OL: What are some of the issues you envision confronting?
CD: We want our members to direct a lot of our priorities, but there are a few issues that affect hunting and deer management that I think need immediate attention. One is better funding for state game agencies, and more staff dedicated to deer management. We are very interested in working with state agencies, not against them. That’s not to say that we are going to always agree with them. For instance, I can see us getting involved and working with agencies to simplify hunting regulations. It’s gotten so that you need a law degree just to buy a license and hunt legally. That’s one of those issues that affects all hunters, no matter where they live.
OL: How about other, more divisive issues, like captive deer operations and baiting regulations?
CD: We aren’t going to have a blanket policy about which issues are good or bad. We will be developing a best-practices manual that details how best to approach issues. Not all baiting, for instance, is bad. It depends how you do it, how you distribute baits, and how often you hunt them. I look at the value of the NDA as being an organized voice for deer hunters. Decisions affecting deer and hunting are being made every day. Call me old-fashioned, but I think deer hunters need a seat at the tables where those conversations are taking place. Maybe a very big seat.
OL: The NDA grew out of a call for a national advocacy organization at the QDMA’s Whitetail Summit earlier this year. How involved is the QDMA in the NDA?
CD: We share a lot of the same issues, and right now we’re sharing some of the same staff. I resigned from the QDMA board to become executive director of the NDA. But we are a separate, stand-alone organization. We’re organized as a 501(c)(4), which means we can raise money to lobby and advocate. We’ll use the same science-based decision making process, but the NDA will have a separate board of directors and mission.
OL: We’ve discussed that the NDA is free, and that joining is as simple as visiting www.nationaldeeralliance.com. But what’s next?

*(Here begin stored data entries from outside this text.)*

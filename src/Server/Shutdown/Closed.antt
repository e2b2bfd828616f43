-- ===== src/Server/Shutdown/Closed.antt =====
-- What holds when `serve` of src/server.rs returns behind its stop event.
use pywire.Base.{
  ◌≡◌, refl, sym, subst, ap, ◌∙◌, Bool, true, false, List, [], ◌∷◌, ◌++◌, ◌+◌, arith, String, All,
  length,
}
use pywire.Query.Response.{Py}
use pywire.Extended.Invariant.{live_portal, live_statement}
use pywire.Server.Shutdown.{Task, over, Move}
use pywire.Server.Shutdown.Owed.{closes_portal, closes_statement, refused}
use pywire.Server.Shutdown.Keeps.{is_close, TaskInv, Move-TaskInv, spawned-TaskInv}
use pywire.Server.Shutdown.System.{
  ServePhase, accepting, draining, returned, failed, Server, listening, joins, Step, accept, move,
  join, shutdown, return, fail, Reach, start, later,
}

-- A task at its end: every portal and statement whose opening the extension saw was closed, or Python
-- refused to close it; and no callback that closes was cut off.
pub record Closed (t : Task) : Type 0 where
  pub ended : t.phase ≡ over
  pub portals :
      (n : String) → live_portal n t.ended ≡ true → refused (closes_portal n) t.ended ≡ true
  pub statements :
      (n : String) → live_statement n t.ended ≡ true → refused (closes_statement n) t.ended ≡ true
  pub whole : All (λ c. is_close c ≡ false) t.abandoned

over-Closed : (t : Task) → t.phase ≡ over → TaskInv t → Closed t
over-Closed t e inv = record {
  ended = e;
  portals = λ n live. ground (arith, e, inv.portals n live);
  statements = λ n live. ground (arith, e, inv.statements n live);
  whole = inv.whole;
}

abbrev pub is_failed : ServePhase → Bool
is_failed failed = true
is_failed _ = false

-- The signal has been given.
abbrev pub stops : ServePhase → Bool
stops accepting = false
stops draining = true
stops returned = true
stops failed = false

pub record Intact (s : Server) : Type 0 where
  pub tasks : All TaskInv s.connections
  pub closed : All Closed s.joined
  pub counted : length s.connections + length s.joined ≡ s.accepted
  pub stopped : s.stop ≡ stops s.phase
  pub emptied : s.phase ≡ returned → s.connections ≡ []

module _ {ℓ} {A : Type ℓ} where
  pub All-middle {κ} :
      (P : A → Type κ) (before after : List A) (x : A)
      → All P (before ++ (x ∷ after))
      → P x × All P (before ++ after) × ((y : A) → P y → All P (before ++ (y ∷ after)))
  All-middle P [] after x h = (h.0, h.1, λ y p. (p, h.1))
  All-middle P (b ∷ before) after x h =
      let (here, without, other) = All-middle P before after x h.1 in
      (here, (h.0, without), λ y p. (h.0, other y p))

  length-middle :
      (before after : List A) (x y : A)
      → (length (before ++ (x ∷ after)) ≡ length (before ++ (y ∷ after)))
        × (length (before ++ (x ∷ after)) ≡ length (before ++ after) + 1)
  length-middle [] after x y = (refl, omega arith)
  length-middle (b ∷ before) after x y = omega (arith, length-middle before after x y)

  middle-ne-nil : (before after : List A) (x : A) → before ++ (x ∷ after) ≡ [] → ⊥
  middle-ne-nil [] after x h = cc
  middle-ne-nil (b ∷ before) after x h = cc

module _ (has_close : Py → Bool) where
  listening-Intact : Intact listening
  listening-Intact = record {
    tasks = tt;
    closed = tt;
    counted = refl;
    stopped = refl;
    emptied = λ h. refl;
  }

  moved-Intact :
      (s : Server) (before after : List Task) (t u : Task)
      → s.connections ≡ before ++ (t ∷ after)
      → Move has_close s.stop t u
      → Intact s
      → Intact (record s { connections = before ++ (u ∷ after) })
  moved-Intact s before after t u e m inv =
      let (here, _, other) =
        All-middle TaskInv before after t (subst (λ ts. All TaskInv ts) e inv.tasks) in
      record {
        tasks = other u (Move-TaskInv has_close t u here m);
        closed = inv.closed;
        counted = omega (arith, inv.counted, ap length e, (length-middle before after t u).0);
        stopped = inv.stopped;
        emptied = λ r. absurd (middle-ne-nil before after t (sym e ∙ inv.emptied r));
      }

  joined-Intact :
      (s : Server) (before after : List Task) (t : Task)
      → joins s.phase ≡ true
      → s.connections ≡ before ++ (t ∷ after)
      → t.phase ≡ over
      → Intact s
      → Intact (record s { connections = before ++ after; joined = t ∷ s.joined })
  joined-Intact s before after t j e o inv =
      let (here, without, _) =
        All-middle TaskInv before after t (subst (λ ts. All TaskInv ts) e inv.tasks) in
      record {
        tasks = without;
        closed = (over-Closed t o here, inv.closed);
        counted = omega (arith, inv.counted, ap length e, (length-middle before after t t).1);
        stopped = inv.stopped;
        emptied = λ r. absurd (ground (arith, j, r));
      }

  Step-Intact :
      (s u : Server)
      → (is_failed s.phase ≡ false → Intact s)
      → Step has_close s u
      → is_failed u.phase ≡ false
      → Intact u
  Step-Intact s _ h (accept e) f =
      let inv = h (ground (arith, e)) in
      record {
        tasks = (spawned-TaskInv, inv.tasks);
        closed = inv.closed;
        counted = omega (arith, inv.counted);
        stopped = inv.stopped;
        emptied = λ r. absurd (ground (arith, e, r));
      }
  Step-Intact s _ h (move before after t u e m) f = moved-Intact s before after t u e m (h f)
  Step-Intact s _ h (join before after t j e o) f = joined-Intact s before after t j e o (h f)
  Step-Intact s _ h (shutdown e) f =
      let inv = h (ground (arith, e)) in
      record {
        tasks = inv.tasks;
        closed = inv.closed;
        counted = inv.counted;
        stopped = refl;
        emptied = λ r. absurd (ground (arith, r));
      }
  Step-Intact s _ h (return e empty) f =
      let inv = h (ground (arith, e)) in
      record {
        tasks = inv.tasks;
        closed = inv.closed;
        counted = inv.counted;
        stopped = inv.stopped ∙ ap stops e;
        emptied = λ r. empty;
      }
  Step-Intact s _ h (fail e) f = absurd (ground (arith, f))

  pub Reach-Intact : (s : Server) → Reach has_close s → is_failed s.phase ≡ false → Intact s
  Reach-Intact _ start f = listening-Intact
  Reach-Intact _ (later {s} {u} r step) f = Step-Intact s u (Reach-Intact s r) step f

  -- When `serve` returns behind the stop event, however its connections were interleaved, whatever
  -- Python answered and wherever each connection was when the signal came: the task of every accepted
  -- connection was waited for, no `close_portal` or `close_statement` callback was cut off, and every
  -- portal and statement that the extension saw Python open was closed, or Python raised when it was
  -- asked to close it.
  pub returned-Closed :
      (s : Server)
      → Reach has_close s
      → s.phase ≡ returned
      → (length s.joined ≡ s.accepted) × All Closed s.joined
  returned-Closed s r e =
      let inv = Reach-Intact s r (ap is_failed e) in
      (omega (arith, inv.counted, ap length (inv.emptied e)), inv.closed)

CD: A lot of things are happening. We are establishing our boards, we are working on the issues and initiatives we want to pursue, and we are working on different levels of membership. As I said, we are an advocacy organization, and to advocate you need money. The NDA’s basic membership will always be free, but I can envision different levels of paid memberships that will offer premiums and allow us to do the advocacy work we need to do.
OL: How about events?
CD: You already know that the NDA came out of the first National Whitetail Summit. That was a session that identified issues in the deer world. Our next summit is going to happen sooner than we envisioned, and it will be devoted to solving some of the issues. It’s May 7-9, 2015, in Louisville, Kentucky, and all NDA members are invited. You’ll be hearing a lot more about it, especially reaching out to NDA members for their ideas about issues, solutions, and really how they want this group to function.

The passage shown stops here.